Dua Tahun UU TPKS: Tantangan dan Harapan dalam Dialog Sosial di Samarinda

redaksi

Caption: Dialog Sosial bertajuk “Dua Tahun UU TPKS Disahkan, Bagaimana Tantangan Implementasinya di Samarinda?” pada Jumat, (5/7/2024), di Hotel Horison.

Samarinda – Dua tahun sudah Undang-Undang Nomor 12 Tahun 2022 tentang Tindak Pidana Kekerasan Seksual (TPKS) disahkan. Namun, penerapannya masih menghadapi banyak hambatan. Untuk menyoroti isu ini, Paralegal Perempuan Muda Sebaya Perempuan Mahardhika Samarinda menggelar Dialog Sosial bertajuk “Dua Tahun UU TPKS Disahkan, Bagaimana Tantangan Implementasinya di Samarinda?” pada Jumat, (5/7/2024), di Hotel Horison.

Dialog ini menghadirkan narasumber kunci seperti Disya Halid dari Paralegal Perempuan Mahardhika Samarinda, Kasmawati dari Lembaga Bantuan Hukum (LBH) APIK Kalimantan Timur (Kaltim), Dardanella Yama Sartika dari Dinas Pemberdayaan Perempuan dan Perlindungan Anak (DP2PA) Samarinda, serta Jainah, Jaksa Pengacara Negara dari Kejaksaan Tinggi (Kejati) Kaltim. Peserta yang hadir terdiri dari mahasiswa, aktivis, organisasi masyarakat sipil, dan jurnalis.

Didukung oleh Global Affairs Canada melalui program Local Development Initiative (LDI), dialog ini bertujuan untuk mengevaluasi implementasi UU TPKS.

“Apa yang dilakukan oleh Perempuan Mahardhika ini sangat krusial dalam mendorong kesetaraan gender, sebuah isu yang didukung aktif oleh pemerintah Kanada,” tutur Putri Kusumaningdyah, Project Coordinator GAC.

Disya Halid memulai diskusi dengan mengungkapkan berbagai tantangan di lapangan.

“Korban perempuan muda sering kali mengalami Kekerasan Dalam Pacaran (KDP) yang meliputi kekerasan fisik, psikis, dan seksual. Namun, banyak yang enggan melapor karena stigma negatif dari masyarakat,” ujarnya.

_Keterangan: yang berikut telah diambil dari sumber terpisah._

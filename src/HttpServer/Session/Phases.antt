-- ===== src/HttpServer/Session/Phases.antt =====
-- Where a connection can be, at every point of every run.
use uni_serve_libhttp.Common.{◌≡◌, refl, Bool, true, false, List, [], ◌∷◌, if◌then◌else◌, arith}
use uni_serve_libhttp.HttpServer.Beast.{Beast}
use uni_serve_libhttp.HttpServer.Routes.{Router}
use uni_serve_libhttp.HttpServer.Request.{
  Result, ok, throws, Handler, Middleware, Externals, process_request,
}
use uni_serve_libhttp.HttpServer.Session.{
  plain, tls, Op, handshake, read, write, Outcome, fails, succeeds, reads, Session, new_session,
  close, do_read, do_write, do_ssl_handshake, run, on_handshake, on_write, answer, release,
  handle_read, handle, complete, run_all,
}

module _ {b : Beast} where
  -- Whether an operation runs over the right stream of a connection with or without TLS.
  abbrev pub IsOver : Bool → Op b → Type 0
  IsOver ssl handshake = ssl ≡ true
  IsOver ssl (read stream) = stream ≡ (if ssl then tls else plain)
  IsOver ssl (write stream response) = stream ≡ (if ssl then tls else plain)

  -- At most one operation is outstanding, over the right stream of an open socket.
  abbrev pub IsHeld : Bool → Bool → List (Op b) → Type 0
  IsHeld ssl is_open [] = Unit
  IsHeld ssl is_open (op ∷ []) = (is_open ≡ true) × IsOver ssl op
  IsHeld ssl is_open (op ∷ (op' ∷ ops)) = ⊥

  -- Besides, the socket is closed where nothing is outstanding.
  abbrev pub IsPending : Bool → Bool → List (Op b) → Type 0
  IsPending ssl is_open [] = is_open ≡ false
  IsPending ssl is_open (op ∷ ops) = IsHeld ssl is_open (op ∷ ops)

module _ {b : Beast} {W : Type 0} where
  pub record IsHandled (ssl : Bool) (s : Session b W) : Type 0 where
    pub kind : s.ssl_enabled ≡ ssl
    pub stream : s.ssl_stream ≡ ssl
    pub held : IsHeld ssl s.is_open s.pending

  -- Between two handlers: a socket is open exactly while an operation is outstanding, which is then
  -- the only one, and runs over TLS exactly where the server has TLS.
  pub record IsPhase (ssl : Bool) (s : Session b W) : Type 0 where
    pub kind : s.ssl_enabled ≡ ssl
    pub stream : s.ssl_stream ≡ ssl
    pub waiting : IsPending ssl s.is_open s.pending

  -- Inside a handler, before it starts an operation.
  pub record IsBusy (ssl : Bool) (s : Session b W) : Type 0 where
    pub kind : s.ssl_enabled ≡ ssl
    pub stream : s.ssl_stream ≡ ssl
    pub none_pending : s.pending ≡ []
    pub open_now : s.is_open ≡ true

  close-IsHandled : (ssl : Bool) (s : Session b W) → IsBusy ssl s → IsHandled ssl (close s)
  unfolding close
  close-IsHandled ssl s v = ground arith

  idle-IsHandled : (ssl : Bool) (s : Session b W) → IsBusy ssl s → IsHandled ssl s
  idle-IsHandled ssl s v = record { kind = v.kind; stream = v.stream; held = rw v.none_pending tt }

  do_read-IsHandled : (ssl : Bool) (s : Session b W) → IsBusy ssl s → IsHandled ssl (do_read s)
  unfolding do_read
  do_read-IsHandled true s v = ground arith
  do_read-IsHandled false s v = ground arith

  do_write-IsHandled :
      (ssl : Bool) (r : b.Response) (s : Session b W) → IsBusy ssl s → IsHandled ssl (do_write r s)
  unfolding do_write
  do_write-IsHandled true r s v = ground arith
  do_write-IsHandled false r s v = ground arith

  release-IsPhase : (ssl : Bool) (s : Session b W) → IsHandled ssl s → IsPhase ssl (release s)
  unfolding release close
  release-IsPhase ssl s v = ground arith

  answer-IsHandled :
      (ssl : Bool) (r : Result b.Response × W) (s : Session b W)
      → IsBusy ssl s
      → IsHandled ssl (answer r s)
  unfolding answer
  answer-IsHandled ssl (ok r, w) s v =
      let moved : Session b W = record s { world = w } in
      do_write-IsHandled ssl r moved (record {
        kind = v.kind;
        stream = v.stream;
        none_pending = v.none_pending;
        open_now = v.open_now;
      })
  answer-IsHandled ssl (throws e, w) s v = record {
    kind = v.kind;
    stream = v.stream;
    held = rw v.none_pending tt;
  }

  on_write-IsHandled :
      (ssl : Bool) (r : b.Response) (o : Outcome b) (s : Session b W)
      → IsBusy ssl s
      → IsHandled ssl (on_write r o s)
  unfolding on_write
  on_write-IsHandled ssl r fails s v = idle-IsHandled ssl s v
  on_write-IsHandled ssl r succeeds s v =
      ground (arith, close-IsHandled ssl s v, do_read-IsHandled ssl s v)
  on_write-IsHandled ssl r (reads q) s v =
      ground (arith, close-IsHandled ssl s v, do_read-IsHandled ssl s v)

  on_handshake-IsHandled :
      (ssl : Bool) (o : Outcome b) (s : Session b W)
      → IsBusy ssl s
      → IsHandled ssl (on_handshake o s)
  unfolding on_handshake
  on_handshake-IsHandled ssl fails s v = idle-IsHandled ssl s v
  on_handshake-IsHandled ssl _ s v = do_read-IsHandled ssl s v

  pub run-IsPhase : (ssl : Bool) (w : W) → IsPhase ssl (run (new_session {b = b} ssl w))
  unfolding run new_session do_read do_ssl_handshake
  run-IsPhase true w = record { kind = refl; stream = refl; waiting = (refl, refl) }
  run-IsPhase false w = record { kind = refl; stream = refl; waiting = (refl, refl) }

  module _ (x : Externals W) (t : Router (Handler b W) (Middleware b W)) where
    handle-IsHandled :
        (ssl : Bool) (op : Op b) (o : Outcome b) (s : Session b W)
        → IsBusy ssl s
        → IsHandled ssl (handle x t op o s)
    unfolding handle handle_read
    handle-IsHandled ssl handshake o s v = on_handshake-IsHandled ssl o s v
    handle-IsHandled ssl (read st) fails s v = idle-IsHandled ssl s v
    handle-IsHandled ssl (read st) succeeds s v = idle-IsHandled ssl s v
    handle-IsHandled ssl (read st) (reads q) s v =
        answer-IsHandled ssl (process_request b x t q s.world) s v
    handle-IsHandled ssl (write st r) o s v = on_write-IsHandled ssl r o s v

    pub complete-IsPhase :
        (ssl : Bool) (ops : List (Op b)) (o : Outcome b) (s : Session b W)
        → s.pending ≡ ops
        → IsPhase ssl s
        → IsPhase ssl (complete x t ops o s)
    unfolding complete
    complete-IsPhase ssl [] o s e v = v
    complete-IsPhase ssl (op ∷ []) o s e v =
        let busy : Session b W = record s { pending = [] } in
        release-IsPhase ssl (handle x t op o busy) (
          handle-IsHandled ssl op o busy (record {
            kind = v.kind;
            stream = v.stream;
            none_pending = refl;
            open_now = ground arith;
          }))
    complete-IsPhase ssl (op ∷ (op' ∷ ops)) o s e v = absurd (ground arith)

    -- At every point of every connection, with any requests, failures and exceptions: the socket is
    -- open exactly while an operation is outstanding, which is then the only one, and it runs over
    -- TLS exactly where the server has TLS.
    pub run_all-IsPhase :
        (ssl : Bool) (w : W) (os : List (Outcome b))
        → IsPhase ssl (run_all x t os (run (new_session ssl w)))
    unfolding run_all
    run_all-IsPhase ssl w os = go os (run (new_session ssl w)) (run-IsPhase ssl w)
      where
        go :
            (os : List (Outcome b)) (s : Session b W)
            → IsPhase ssl s
            → IsPhase ssl (run_all x t os s)
        go [] s v = v
        go (o ∷ os) s v =
            go os (complete x t s.pending o s) (complete-IsPhase ssl s.pending o s refl v)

Disya menambahkan, masyarakat seringkali tidak menganggap serius kekerasan dalam hubungan pacaran, menganggapnya sebagai masalah pribadi.

Kasmawati dari LBH APIK Kaltim menggarisbawahi pentingnya pendamping yang sebaya.

“Korban perempuan muda lebih nyaman dan percaya untuk berbicara dengan pendamping yang usianya sebaya,” katanya. Ini menunjukkan pentingnya pendekatan yang sensitif dan tepat sasaran dalam mendampingi korban.

Dardanella dari DP2PA menyambut baik dialog ini dan menyatakan pentingnya masukan dari masyarakat.

“Masukan dari forum ini sangat berharga bagi kami untuk memperbaiki implementasi UU TPKS,” ujarnya.

Jainah dari Kejati Kaltim menambahkan, salah satu kendala utama adalah belum lengkapnya peraturan turunan dari UU TPKS.

“Dari tujuh regulasi turunan yang dibutuhkan, baru dua yang selesai. Ini menjadi hambatan bagi aparat penegak hukum dalam menerapkan UU ini secara maksimal,” jelasnya.

Selain itu, Jainah juga menekankan pentingnya sinergi antara aparat penegak hukum dan kepolisian.

“Jika kepolisian tidak menggunakan UU TPKS sebagai dasar pelaporan, kami tidak bisa memproses kasus kekerasan seksual di pengadilan,” tegasnya.

Dialog ini menghasilkan sejumlah rekomendasi untuk meningkatkan implementasi UU TPKS. Ketua Umum Perempuan Mahardhika, Mutiara Ika Pratiwi, menekankan bahwa laporan kekerasan seksual harus diperlakukan berbeda dengan tindak pidana umum.

“Penanganan kasus kekerasan seksual harus mengutamakan perspektif korban,” katanya.

Komitmen dari DP2PA dan Kejati Kaltim untuk memperbaiki layanan dan meningkatkan penerapan UU TPKS diharapkan dapat membawa perubahan positif. Dialog ini menjadi langkah awal yang penting menuju sinergi yang lebih baik antara masyarakat sipil dan pemerintah dalam menegakkan keadilan bagi korban kekerasan seksual.